Advances in Focused Ultrasound Technology: Promising New Treatments for Cancer, Alzheimer's and Rare Brain Diseases

Sending low-intensity pulses of focused ultrasound can temporarily open the blood-brain barrier, offering new therapeutic possibilities. (File)

Sound waves beyond human hearing thresholds are commonly utilized in medical applications. These ultrasound waves serve as valuable diagnostic and monitoring tools, and also provide our first glimpses of developing fetuses.

Recent advancements in ultrasound technology now present promising treatment options for patients with cancer, Alzheimer's, and various other conditions.

As a biomedical engineer specializing in focused ultrasound research, I study how concentrated sound energy can be precisely calibrated to treat diverse medical conditions. This technology has experienced remarkable clinical growth recently, with researchers continuously discovering novel therapeutic applications.

Ultrasound technology operates via probes containing materials that convert electrical currents into vibrations and vice versa. When these waves travel through body tissues, they reflect at tissue boundaries. The probe detects these reflections and transforms them into electrical signals that computers process into detailed tissue images.

Scientists discovered over eight decades ago that focusing ultrasonic waves into a rice grain-sized volume could heat and destroy brain tissue, similar to how a magnifying glass concentrates sunlight. Early researchers began exploring focused ultrasound applications for neurological disorders, pain management, and cancer treatment.

Despite these early discoveries, technical challenges prevented clinical applications. For instance, the skull's absorption of ultrasound energy made it difficult to deliver sufficient energy to damaged brain tissue. Researchers eventually solved this problem by integrating large arrays of ultrasound transducers with detailed skull imaging data, allowing for more precise beam targeting.

Only after recent breakthroughs in imaging technology and acoustic physics has ultrasound's clinical potential been fully realized. Hundreds of clinical trials targeting numerous conditions are completed or ongoing. Particularly successful treatments have emerged for essential tremor, with focused ultrasound therapies now routinely performed globally.

The most exciting applications include enhanced brain drug delivery, cancer immunotherapy stimulation, and treatment of rare central nervous system disorders.

The blood-brain barrier represents evolution's sophisticated defense mechanism, protecting our brain through tightly connected cells lining blood vessels. While this barrier prevents harmful substances from entering the brain, it also blocks therapeutic agents from reaching their targets.

Pioneering studies from over two decades ago revealed that low-intensity focused ultrasound pulses could temporarily open this barrier by causing blood vessel microbubbles to oscillate, creating tiny pores that allow bloodstream medications to enter brain tissue specifically where ultrasound is applied.

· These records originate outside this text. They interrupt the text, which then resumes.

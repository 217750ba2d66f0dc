-- ===== src/Dht.antt =====
-- src/core/dht: identifiers with the XOR metric, the routing table, and the placement of keys on peers.
pub mod Id
pub mod RoutingTable
pub mod Node
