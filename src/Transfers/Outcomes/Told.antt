-- ===== src/Transfers/Outcomes/Told.antt =====
-- src/ssh/transfer.rs: each step of a run gives its item one outcome.
use ssh_control.Prelude.{
  ℕ, suc, ◌≡◌, refl, subst, ap, List, [], ◌∷◌, Bool, true, false, Option, some, none, ok, err,
  panic, Bool-cases, inl, inr,
}
use ssh_control.Errors.{Result, AppError}
use ssh_control.Transfers.{
  Direction, SkipReason, TransferItem, TransferEvent, item_started, item_finished, item_failed,
  item_skipped, TransferSummary, Ends, display_name,
}
use ssh_control.Transfers.Copy.{Copying, copy_file, ensure_dir}
use ssh_control.Transfers.Runs.{
  Running, cancel, count_skipped, count_file, count_failure, Next, go_on, return_now, stuck, tell,
  run_unskipped, run_by, fail_item, skip_item, after_ensure, run_dir, after_copy, run_file,
  run_item, run_items,
}
use ssh_control.Transfers.Outcomes.{
  Outcome, moved, made, passed, failed_with, Fits, Tally, counted, empty-Tally, more-Tally,
}

-- Where the run goes on after an item, the item has an outcome, which is in the summary.
pub record IsTold {W : Type 0} (item : TransferItem) (a : TransferSummary) (r : Running W × Next)
    : Type 0 where
  pub counts : r.1 ≡ go_on → (o : Outcome) × Fits item o × (r.0.summary ≡ counted item o a)
  pub returned : r.1 ≡ return_now → r.0.summary.cancelled ≡ true

module _ {W Handle File : Type 0} (ends : Ends W Handle File) where
  tell-IsTold :
      (event : TransferEvent) (item : TransferItem) (a : TransferSummary) (o : Outcome)
      (s : Running W)
      → Fits item o
      → s.summary ≡ counted item o a
      → IsTold item a (tell ends event s)
  unfolding tell
  tell-IsTold event item a o s fits e = elim (Bool-cases (ends.on_event event s.copying.world).1) [
    | inl stop ↦ rw stop (record { counts = λ e. absurd (cc); returned = λ e. refl })
    | inr on ↦ rw on (record { counts = λ _. (o, fits, e); returned = λ e. absurd (cc) })
  ]

  stop-IsTold :
      (item : TransferItem) (a : TransferSummary) (s : Running W)
      → IsTold item a (cancel s, return_now)
  stop-IsTold item a s = record { counts = λ e. absurd (cc); returned = λ e. refl }

  stuck-IsTold :
      (item : TransferItem) (a : TransferSummary) (s : Running W) → IsTold item a (s, stuck)
  stuck-IsTold item a s = record { counts = λ e. absurd (cc); returned = λ e. absurd (cc) }

  fail_item-IsTold :
      (index : ℕ) (item : TransferItem) (e : AppError) (s : Running W)
      → item.skip ≡ none
      → IsTold item s.summary (fail_item ends index item e s)
  unfolding fail_item
  fail_item-IsTold index item e s unskipped =
      tell-IsTold (item_failed index (display_name item) e) item s.summary (failed_with e)
        (count_failure (display_name item) e s) unskipped refl

  after_copy-IsTold :
      (index : ℕ) (item : TransferItem) (r : Copying W × Result Bool) (s : Running W)
      → item.skip ≡ none
      → item.is_dir ≡ false
      → IsTold item s.summary (after_copy ends index item r s)
  unfolding after_copy
  after_copy-IsTold index item (c, ok true) s unskipped is_file =
      tell-IsTold (item_finished index) item s.summary moved
        (count_file item.size (record s { copying = c })) (unskipped, is_file) refl
  after_copy-IsTold index item (c, ok false) s unskipped is_file =
      stop-IsTold item s.summary (record s { copying = c })
  after_copy-IsTold index item (c, err e) s unskipped is_file =
      fail_item-IsTold index item e (record s { copying = c }) unskipped
  after_copy-IsTold index item (c, panic) s unskipped is_file =
      stuck-IsTold item s.summary (record s { copying = c })

  run_file-IsTold :
      (fuel : ℕ) (direction : Direction) (index : ℕ) (item : TransferItem) (s : Running W)
      → item.skip ≡ none
      → item.is_dir ≡ false
      → IsTold item s.summary (run_file ends fuel direction index item s)
  unfolding run_file tell
  run_file-IsTold fuel direction index item s unskipped is_file =
      let r = ends.on_event (item_started index (display_name item) item.size) s.copying.world in
      let t : Running W = record s { copying = record s.copying { world = r.0 } } in
      elim (Bool-cases r.1) [
        | inl stop ↦ rw stop (stop-IsTold item s.summary t)
        | inr on ↦ rw on (
            after_copy-IsTold index item (copy_file ends fuel direction item t.copying) t unskipped
              is_file)
      ]

  after_ensure-IsTold :
      (index : ℕ) (item : TransferItem) (r : W × Result (Unit {0})) (s : Running W)
      → item.skip ≡ none
      → item.is_dir ≡ true
      → IsTold item s.summary (after_ensure ends index item r s)
  unfolding after_ensure
  after_ensure-IsTold index item (w, ok done) s unskipped is_dir = record {
    counts = λ e. (made, (unskipped, is_dir), refl);
    returned = λ e. absurd (cc);
  }
  after_ensure-IsTold index item (w, err e) s unskipped is_dir =
      fail_item-IsTold index item e (record s { copying = record s.copying { world = w } })
        unskipped
  after_ensure-IsTold index item (w, panic) s unskipped is_dir =
      stuck-IsTold item s.summary (record s { copying = record s.copying { world = w } })

  run_unskipped-IsTold :
      (fuel : ℕ) (direction : Direction) (index : ℕ) (item : TransferItem) (is_dir : Bool)
      (s : Running W)
      → item.skip ≡ none
      → item.is_dir ≡ is_dir
      → IsTold item s.summary (run_unskipped ends fuel direction index item is_dir s)
  unfolding run_unskipped run_dir
  run_unskipped-IsTold fuel direction index item true s unskipped e =
      after_ensure-IsTold index item (ensure_dir ends direction item.dst s.copying.world) s
        unskipped e
  run_unskipped-IsTold fuel direction index item false s unskipped e =
      run_file-IsTold fuel direction index item s unskipped e

  run_by-IsTold :
      (fuel : ℕ) (direction : Direction) (index : ℕ) (item : TransferItem)
      (skip : Option SkipReason) (s : Running W)
      → item.skip ≡ skip
      → IsTold item s.summary (run_by ends fuel direction index item skip s)
  unfolding run_by skip_item
  run_by-IsTold fuel direction index item none s e =
      run_unskipped-IsTold fuel direction index item item.is_dir s e refl
  run_by-IsTold fuel direction index item (some reason) s e =
      tell-IsTold (item_skipped index reason) item s.summary passed (count_skipped s) (reason, e)
        refl

  -- The rest of the loop after an item.
  after_item-Tally :
      (fuel : ℕ) (direction : Direction) (index : ℕ) (item : TransferItem)
      (items : List TransferItem) (a : TransferSummary) (r : Running W × Next) {t : Running W}
      → IsTold item a r
      → (run_items ends fuel direction (suc index) items r.0 ≡ (t, return_now)
          → Tally items r.0.summary t.summary)
      → (elim r.1 [
        | go_on ↦ run_items ends fuel direction (suc index) items r.0
        | return_now ↦ (r.0, return_now)
        | stuck ↦ (r.0, stuck)
      ])
        ≡ (t, return_now)
      → t.summary.cancelled ≡ false
      → Tally (item ∷ items) a t.summary
  after_item-Tally fuel direction index item items a (s, go_on) {t} h rest e n =
      let (o, fits, told) = h.counts refl in
      more-Tally item items o a t.summary fits (subst (λ b. Tally items b t.summary) told (rest e))
  after_item-Tally fuel direction index item items a (s, return_now) {t} h rest e n =
      let stopped = h.returned refl in
      let same : s.summary.cancelled ≡ t.summary.cancelled =
        ap (λ (r : Running W × Next). r.0.summary.cancelled) e in
      absurd (cc)
  after_item-Tally fuel direction index item items a (s, stuck) {t} h rest e n =
      let never : stuck ≡ return_now = ap (λ (r : Running W × Next). r.1) e in absurd (cc)

  pub run_items-Tally :
      (fuel : ℕ) (direction : Direction) (index : ℕ) (items : List TransferItem) (s : Running W)
      {t : Running W}
      → run_items ends fuel direction index items s ≡ (t, return_now)
      → t.summary.cancelled ≡ false
      → Tally items s.summary t.summary
  unfolding run_items run_item
  run_items-Tally fuel direction index [] s {t} e n =
      let same : s.summary ≡ t.summary = ap (λ (r : Running W × Next). r.0.summary) e in
      subst (λ b. Tally [] s.summary b) same (empty-Tally s.summary)
  run_items-Tally fuel direction index (item ∷ items) s {t} e n =
      let r = run_item ends fuel direction index item s in
      after_item-Tally fuel direction index item items s.summary r
        (run_by-IsTold fuel direction index item item.skip s refl)
        (λ e'. run_items-Tally fuel direction (suc index) items r.0 e' n) e n
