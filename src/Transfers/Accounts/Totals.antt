-- ===== src/Transfers/Accounts/Totals.antt =====
-- src/ssh/transfer.rs: what the summary of a run says of its plan.
use ssh_control.Prelude.{
  ℕ, suc, ◌+◌, ◌≤◌, ◌≡◌, refl, List, [], ◌∷◌, length, Bool, false, IsU64, arith, Bool-cases, inl,
  inr,
}
use ssh_control.Transfers.{
  Direction, TransferItem, TransferPlan, TransferSummary, Ends, moves, count, sum_sizes,
  planned_bytes, file_count,
}
use ssh_control.Transfers.Runs.{
  Running, empty_summary, Next, go_on, return_now, stuck, run_item, run_items, run,
}
use ssh_control.Transfers.Accounts.{
  one, is_skipped, failed, size_if, IsBounded, IsCounted, IsAccounted, run_by-IsAccounted,
}

-- The sizes of the files that move, without the wrap of 64 bits.
abbrev pub plain_sum : List TransferItem → ℕ
plain_sum [] = 0
plain_sum (i ∷ items) = size_if (moves i) i.size + plain_sum items

record AreBounded (items : List TransferItem) (a b : TransferSummary) : Type 0 where
  pub files : b.files ≤ a.files + count moves items
  pub bytes : b.bytes ≤ a.bytes + plain_sum items
  pub skipped : b.skipped ≤ a.skipped + count is_skipped items
  pub outcomes : b.files + failed b + b.skipped ≤ a.files + failed a + a.skipped + length items

record AreCounted (items : List TransferItem) (a b : TransferSummary) : Type 0 where
  pub skipped : b.skipped ≡ a.skipped + count is_skipped items
  pub outcome : a.files + failed a + count moves items ≤ b.files + failed b

count-one :
    (test : TransferItem → Bool) (i : TransferItem) (items : List TransferItem)
    → count test (i ∷ items) ≡ one (test i) + count test items
count-one test i items = elim (Bool-cases (test i)) [
  | inl e ↦ rw e (omega arith)
  | inr e ↦ rw e (omega arith)
]

more-AreBounded :
    (i : TransferItem) (items : List TransferItem) (a b c : TransferSummary)
    → IsBounded i a b
    → AreBounded items b c
    → AreBounded (i ∷ items) a c
more-AreBounded i items a b c h k = record {
  files = rw (count-one moves i items) (omega (arith, h.files, k.files));
  bytes = omega (arith, h.bytes, k.bytes);
  skipped = rw (count-one is_skipped i items) (omega (arith, h.skipped, k.skipped));
  outcomes = omega (arith, h.outcomes, k.outcomes);
}

last-AreBounded :
    (i : TransferItem) (items : List TransferItem) (a b : TransferSummary)
    → IsBounded i a b
    → AreBounded (i ∷ items) a b
last-AreBounded i items a b h = record {
  files = rw (count-one moves i items) (omega (arith, h.files));
  bytes = omega (arith, h.bytes);
  skipped = rw (count-one is_skipped i items) (omega (arith, h.skipped));
  outcomes = omega (arith, h.outcomes);
}

more-AreCounted :
    (i : TransferItem) (items : List TransferItem) (a b c : TransferSummary)
    → IsCounted i a b
    → AreCounted items b c
    → AreCounted (i ∷ items) a c
more-AreCounted i items a b c h k = record {
  skipped = rw (count-one is_skipped i items) (omega (arith, h.skipped, k.skipped));
  outcome = rw (count-one moves i items) (omega (arith, h.outcome, k.outcome));
}

module _ {W Handle File : Type 0} (ends : Ends W Handle File) where
  -- The loop's result: its counts, and all of them unless it was stopped or has not ended.
  record AreAccounted (items : List TransferItem) (a : TransferSummary) (r : Running W × Next)
      : Type 0 where
    pub bounded : AreBounded items a r.0.summary
    pub counted : r.1 ≡ return_now → r.0.summary.cancelled ≡ false → AreCounted items a r.0.summary

  none-AreAccounted : (s : Running W) → AreAccounted [] s.summary (s, return_now)
  none-AreAccounted s = record {
    bounded = record {
      files = omega arith;
      bytes = omega arith;
      skipped = omega arith;
      outcomes = omega arith;
    };
    counted = λ e h. record { skipped = omega arith; outcome = omega arith };
  }

  -- The rest of the loop after an item.
  after_item-AreAccounted :
      (fuel : ℕ) (direction : Direction) (index : ℕ) (item : TransferItem)
      (items : List TransferItem) (a : TransferSummary) (r : Running W × Next)
      → IsAccounted item a r
      → AreAccounted items r.0.summary (run_items ends fuel direction (suc index) items r.0)
      → AreAccounted (item ∷ items) a (elim r.1 [
        | go_on ↦ run_items ends fuel direction (suc index) items r.0
        | return_now ↦ (r.0, return_now)
        | stuck ↦ (r.0, stuck)
      ])
  after_item-AreAccounted fuel direction index item items a (s, go_on) h k =
      let t = (run_items ends fuel direction (suc index) items s).0.summary in
      record {
        bounded = more-AreBounded item items a s.summary t h.bounded k.bounded;
        counted = λ e n. more-AreCounted item items a s.summary t (h.counted refl) (k.counted e n);
      }
  after_item-AreAccounted fuel direction index item items a (s, return_now) h k = record {
    bounded = last-AreBounded item items a s.summary h.bounded;
    counted = λ e n. let stopped = h.returned refl in absurd (cc);
  }
  after_item-AreAccounted fuel direction index item items a (s, stuck) h k = record {
    bounded = last-AreBounded item items a s.summary h.bounded;
    counted = λ e n. absurd (cc);
  }

  run_items-AreAccounted :
      (fuel : ℕ) (direction : Direction) (index : ℕ) (items : List TransferItem) (s : Running W)
      → AreAccounted items s.summary (run_items ends fuel direction index items s)
  unfolding run_items run_item
  run_items-AreAccounted fuel direction index [] s = none-AreAccounted s
  run_items-AreAccounted fuel direction index (item ∷ items) s =
      let r = run_item ends fuel direction index item s in
      after_item-AreAccounted fuel direction index item items s.summary r
        (run_by-IsAccounted ends fuel direction index item item.skip s refl)
        (run_items-AreAccounted fuel direction (suc index) items r.0)

plain_sum_lem :
    (items : List TransferItem) → IsU64 (plain_sum items) → sum_sizes items ≡ plain_sum items
plain_sum_lem [] h = refl
plain_sum_lem (i ∷ items) h =
    let ih = plain_sum_lem items (omega (arith, h)) in
    elim (Bool-cases (moves i)) [
      | inl e ↦ rw (e, ih) (let fits = rw e at h in omega (arith, fits))
      | inr e ↦ rw e (omega (arith, ih))
    ]

abbrev begin : {W : Type 0} → W → Running W
begin w = record { copying = record { world = w; done_bytes = 0 }; summary = empty_summary }

-- However a run ends, also cancelled: no more files are counted than the plan moves, no more bytes
-- than it announces, where the sizes fit in 64 bits, and no item is counted twice.
pub run-bounds :
    {W Handle File : Type 0} (ends : Ends W Handle File) (fuel : ℕ) (direction : Direction)
    (plan : TransferPlan) (w : W)
    → IsU64 (plain_sum plan.items)
    → let t = (run ends fuel direction plan w).0.summary in
      (t.files ≤ file_count plan)
      × ((t.bytes ≤ planned_bytes plan) × (t.files + failed t + t.skipped ≤ length plan.items))
unfolding run file_count planned_bytes
run-bounds ends fuel direction plan w fits =
    let all = (run_items-AreAccounted ends fuel direction 0 plan.items (begin w)).bounded in
    (
      omega (arith, all.files),
      (rw (plain_sum_lem plan.items fits) (omega (arith, all.bytes)), omega (arith, all.outcomes)),
    )
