-- ===== src/Transfers/Content.antt =====
-- src/ssh/transfer.rs: a download brings the whole file, whatever the lengths of the chunks are.
use ssh_control.Prelude.{
  ℕ, zero, suc, ◌+◌, ◌<◌, ◌≡◌, ◌≢◌, refl, sym, ◌∙◌, ap, subst, Bytes, [], ◌∷◌, ◌++◌, append_assoc,
  append-nil, length, length-append, drop, drop-append, Bool, true, false, ok, err, panic, Option,
  some, IsU64, arith, Bool-cases, inl, inr,
}
use ssh_control.Errors.{Result, AppError}
use ssh_control.Calls.{Call, on_result, lift, caught}
use ssh_control.Transfers.{download, TransferItem, TransferEvent, progress, Ends, add_u64}
use ssh_control.Transfers.Copy.{
  Copying, on_world, is_empty, report, cancelled_at, download_loop, download_file, cleanup,
  put_in_place, transfer, settle, part_of, copy_file,
}

-- A chunk that arrived: it stands next in the file, and is empty only at the end.
pub record IsNext (content : Bytes) (offset : ℕ) (b : Bytes) : Type 0 where
  pub rest : Bytes
  pub next : drop offset content ≡ b ++ rest
  pub at_end : b ≡ [] → rest ≡ []

-- The remote file has a content that does not change while it is read; the part file holds what was
-- written to it in order; a rename takes that to the destination. `part_at` and `look` read the part
-- file and the destination.
pub record IsStore {W Handle File : Type 0} (ends : Ends W Handle File)
    (part_at look : W → Option Bytes) (src dst part content : Bytes) : Type 1 where
  pub IsSource : Handle → Type 0
  pub IsPart : File → Type 0
  pub opened : (w : W) (h : Handle) → (ends.open_read src w).1 ≡ ok h → IsSource h
  pub read :
      (h : Handle) (offset : ℕ) (w : W) (b : Bytes)
      → IsSource h
      → (ends.read_chunk h offset w).1 ≡ ok b
      → IsNext content offset b
  pub read_keeps :
      (h : Handle) (offset : ℕ) (w : W) → part_at (ends.read_chunk h offset w).0 ≡ part_at w
  pub created : (w : W) (f : File) → (ends.local_create part w).1 ≡ ok f → IsPart f
  pub create_empties :
      (w : W) (f : File)
      → (ends.local_create part w).1 ≡ ok f
      → part_at (ends.local_create part w).0 ≡ some []
  pub write_appends :
      (f : File) (b : Bytes) (w : W) (old : Bytes)
      → IsPart f
      → (ends.local_write_all f b w).1 ≡ ok tt
      → part_at w ≡ some old
      → part_at (ends.local_write_all f b w).0 ≡ some (old ++ b)
  pub flush_keeps : (f : File) (w : W) → part_at (ends.local_flush f w).0 ≡ part_at w
  pub close_keeps : (h : Handle) (w : W) → part_at (ends.close h w).0 ≡ part_at w
  pub event_keeps : (e : TransferEvent) (w : W) → part_at (ends.on_event e w).0 ≡ part_at w
  pub rename_moves :
      (w : W)
      → (ends.local_rename part dst w).1 ≡ ok tt
      → look (ends.local_rename part dst w).0 ≡ part_at w

-- None of the calls of a download panics.
pub record IsTotal {W Handle File : Type 0} (ends : Ends W Handle File) : Type 0 where
  pub open_read : (p : Bytes) (w : W) → (ends.open_read p w).1 ≢ panic
  pub read_chunk : (h : Handle) (offset : ℕ) (w : W) → (ends.read_chunk h offset w).1 ≢ panic
  pub close : (h : Handle) (w : W) → (ends.close h w).1 ≢ panic
  pub local_create : (p : Bytes) (w : W) → (ends.local_create p w).1 ≢ panic
  pub local_write_all : (f : File) (b : Bytes) (w : W) → (ends.local_write_all f b w).1 ≢ panic
  pub local_flush : (f : File) (w : W) → (ends.local_flush f w).1 ≢ panic
  pub local_rename : (p q : Bytes) (w : W) → (ends.local_rename p q w).1 ≢ panic
  pub local_remove : (p : Bytes) (w : W) → (ends.local_remove p w).1 ≢ panic

-- How a copy ends: by an error, by a cancel, or with the content in place.
pub data Ending {W : Type 0} (at : W → Option Bytes) (content : Bytes) (r : Copying W × Result Bool)
    : Type 0 where
  by_error : (e : AppError) → r.1 ≡ err e → Ending at content r
  by_cancel : r.1 ≡ ok false → Ending at content r
  whole : r.1 ≡ ok true → at r.0.world ≡ some content → Ending at content r

add_length : (a b : ℕ) → IsU64 (a + b) → add_u64 a b ≡ a + b
add_length a b h = omega arith

module _ {W : Type 0} (at : W → Option Bytes) (content : Bytes) where
  bind-Ending :
      {A : Type 0} (r : Copying W × Result A) (f : A → Call (Copying W) Bool)
      → r.1 ≢ panic
      → ((a : A) → r.1 ≡ ok a → Ending at content (f a r.0))
      → Ending at content (on_result r f)
  bind-Ending (t, ok a) f total k = k a refl
  bind-Ending (t, err e) f total k = by_error e refl
  bind-Ending (t, panic) f total k = absurd (total refl)

  -- A cleanup and the value that it comes before.
  caught-Ending :
      (t : Copying W) (r : Result (Unit {0})) (f : Result (Unit {0}) → Call (Copying W) Bool)
      → r ≢ panic
      → ((a : Result (Unit {0})) → Ending at content (f a t))
      → Ending at content (on_result (t, caught r) f)
  caught-Ending t (ok a) f total k = k (ok a)
  caught-Ending t (err e) f total k = k (err e)
  caught-Ending t panic f total k = absurd (total refl)

  -- What comes after a cleanup, whether that worked or not.
  cleaned-Ending :
      (gone : W × Result (Unit {0})) (s : Copying W) (out : Result Bool)
      → gone.1 ≢ panic
      → ((t : Copying W) → Ending at content (t, out))
      → Ending at content (
          on_result
            (on_result (record s { world = gone.0 }, caught gone.1) (λ _. lift (ok tt)))
            (λ (u : Unit {0}). lift out))
  cleaned-Ending (w, ok a) s out total k = k (record s { world = w })
  cleaned-Ending (w, err e) s out total k = k (record s { world = w })
  cleaned-Ending (w, panic) s out total k = absurd (total refl)

module _ {W Handle File : Type 0} (ends : Ends W Handle File) (part_at look : W → Option Bytes)
    {src dst part content : Bytes} (store : IsStore ends part_at look src dst part content)
    (total : IsTotal ends) where
  is_empty_lem : (b : Bytes) → is_empty b ≡ true → b ≡ []
  is_empty_lem [] h = refl
  is_empty_lem (x ∷ b) h = absurd (cc)

  is_filled : (b : Bytes) → is_empty b ≡ false → 0 < length b
  is_filled [] h = absurd (cc)
  is_filled (x ∷ b) h = omega arith

  cancelled_at-Ending :
      (h : Handle) (s : Copying W) → Ending part_at content (cancelled_at ends h s)
  unfolding cancelled_at
  cancelled_at-Ending h s =
      let r = ends.close h s.world in
      caught-Ending part_at content (record s { world = r.0 }) r.1 (λ _. lift (ok false))
        (total.close h s.world) λ _. by_cancel refl

  nothing_left :
      (got rest b more c : Bytes)
      → got ++ rest ≡ c
      → rest ≡ b ++ more
      → b ≡ []
      → more ≡ []
      → got ≡ c
  nothing_left got rest b more c split left none_b none_more =
      let empty : rest ≡ [] = left ∙ rw (none_b, none_more) refl in
      sym (append-nil got) ∙ (ap (λ x. got ++ x) (sym empty) ∙ split)

  -- From `got` written on, with `rest` still to come.
  download_loop-Ending :
      (fuel : ℕ) (h : Handle) (f : File) (got rest : Bytes) (offset : ℕ) (s : Copying W)
      → store.IsSource h
      → store.IsPart f
      → got ++ rest ≡ content
      → IsU64 (length content)
      → offset ≡ length got
      → length rest < fuel
      → part_at s.world ≡ some got
      → Ending part_at content (download_loop ends fuel h f offset s)
  unfolding download_loop report
  download_loop-Ending zero h f got rest offset s source part_file split u64 off enough here =
      absurd (omega arith)
  download_loop-Ending (suc fuel) h f got rest offset s source part_file split u64 off enough here =
      bind-Ending part_at content (on_world (ends.read_chunk h offset) s) _
        (total.read_chunk h offset s.world)
        λ b e.
          let chunk = store.read h offset s.world b source e in
          let s₁ = (on_world (ends.read_chunk h offset) s).0 in
          let here₁ : part_at s₁.world ≡ some got = store.read_keeps h offset s.world ∙ here in
          let left : rest ≡ b ++ chunk.rest =
            sym (drop-append got rest)
            ∙ subst (λ n. drop n (got ++ rest) ≡ b ++ chunk.rest) off
                (subst (λ c. drop offset c ≡ b ++ chunk.rest) (sym split) chunk.next) in
          elim (Bool-cases (is_empty b)) [
            | inl done ↦ rw done (
                let nothing = is_empty_lem b done in
                let all =
                  nothing_left got rest b chunk.rest content split left nothing
                    (chunk.at_end nothing) in
                bind-Ending part_at content (on_world (ends.local_flush f) s₁) _
                  (total.local_flush f s₁.world)
                  λ _ _.
                    let s₂ = (on_world (ends.local_flush f) s₁).0 in
                    bind-Ending part_at content (on_world (ends.close h) s₂) _
                      (total.close h s₂.world)
                      λ _ _. whole refl (
                        store.close_keeps h s₂.world
                        ∙ (store.flush_keeps f s₁.world ∙ rw (sym all) here₁)))
            | inr more ↦ rw more (
                bind-Ending part_at content (on_world (ends.local_write_all f b) s₁) _
                  (total.local_write_all f b s₁.world)
                  λ u w.
                    let s₂ = (on_world (ends.local_write_all f b) s₁).0 in
                    let here₂ = store.write_appends f b s₁.world got part_file w here₁ in
                    let event = progress (add_u64 s₂.done_bytes (length b)) in
                    let s₃ = (report ends (length b) s₂).0 in
                    let here₃ : part_at s₃.world ≡ some (got ++ b) =
                      store.event_keeps event s₂.world ∙ here₂ in
                    elim (Bool-cases (ends.on_event event s₂.world).1) [
                      | inl stopped ↦ rw stopped (cancelled_at-Ending h s₃)
                      | inr on ↦ rw on (
                          let filled = is_filled b more in
                          let split' : (got ++ b) ++ chunk.rest ≡ content =
                            append_assoc got b chunk.rest
                            ∙ subst (λ x. got ++ x ≡ content) left split in
                          let counts : length content ≡ length got + length rest =
                            subst (λ x. length x ≡ length got + length rest) split
                              (length-append got rest) in
                          let parts : length rest ≡ length b + length chunk.rest =
                            subst (λ x. length x ≡ length b + length chunk.rest) (sym left)
                              (length-append b chunk.rest) in
                          download_loop-Ending fuel h f (got ++ b) chunk.rest
                            (add_u64 offset (length b)) s₃ source part_file split' u64
                            (omega (arith, length-append got b)) (omega arith) here₃)
                    ])
          ]

  transfer-Ending :
      (fuel : ℕ) (item : TransferItem) (s : Copying W)
      → item.src ≡ src
      → IsU64 (length content)
      → length content < fuel
      → Ending part_at content (transfer ends fuel download item part s)
  unfolding transfer download_file
  transfer-Ending fuel item s from_src u64 enough = rw from_src (
      bind-Ending part_at content (on_world (ends.open_read src) s) _ (total.open_read src s.world)
        λ h e.
          let s₁ = (on_world (ends.open_read src) s).0 in
          bind-Ending part_at content (on_world (ends.local_create part) s₁) _
            (total.local_create part s₁.world)
            λ f c.
              download_loop-Ending fuel h f [] content 0 (on_world (ends.local_create part) s₁).0
                (store.opened s.world h e) (store.created s₁.world f c) refl u64 refl enough
                (store.create_empties s₁.world f c))

-- A download of a file that fits in 64 bits comes to its end, given one unit of fuel for each byte and
-- one more, whatever lengths the server's chunks have: by an error, by a cancel, or with the whole
-- content of the source at the destination, in that order of bytes.
pub copy_file-Ending :
    {W Handle File : Type 0} (ends : Ends W Handle File) (part_at look : W → Option Bytes)
    (item : TransferItem) {content : Bytes}
    (store : IsStore ends part_at look item.src item.dst (part_of item) content)
    (total : IsTotal ends) (fuel : ℕ) (s : Copying W)
    → IsU64 (length content)
    → length content < fuel
    → Ending look content (copy_file ends fuel download item s)
unfolding copy_file settle put_in_place cleanup
copy_file-Ending ends part_at look item {content} store total fuel s u64 enough =
    let part = part_of item in
    let r = transfer ends fuel download item part s in
    elim (transfer-Ending ends part_at look store total fuel item s refl u64 enough) [
      | by_error e failed ↦ rw failed (
          cleaned-Ending look content (ends.local_remove part r.0.world) r.0 (err e)
            (total.local_remove part r.0.world) λ t. by_error e refl)
      | by_cancel stopped ↦ rw stopped (
          cleaned-Ending look content (ends.local_remove part r.0.world) r.0 (ok false)
            (total.local_remove part r.0.world) λ t. by_cancel refl)
      | whole done here ↦ rw done (
          bind-Ending look content (on_world (ends.local_rename part item.dst) r.0) _
            (total.local_rename part item.dst r.0.world)
            λ u e. whole refl (store.rename_moves r.0.world e ∙ here))
    ]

After extensive safety testing and technology refinement, researchers have developed various devices using focused ultrasound to open the blood-brain barrier for treatment. Clinical trials are currently testing these devices for delivering drugs to treat glioblastoma, brain metastases, and Alzheimer's disease.

Simultaneously, significant progress has occurred in gene therapy development for brain diseases. Animal studies demonstrate that focused ultrasound can facilitate delivery of these genetic therapies across the blood-brain barrier, opening possibilities for human trials.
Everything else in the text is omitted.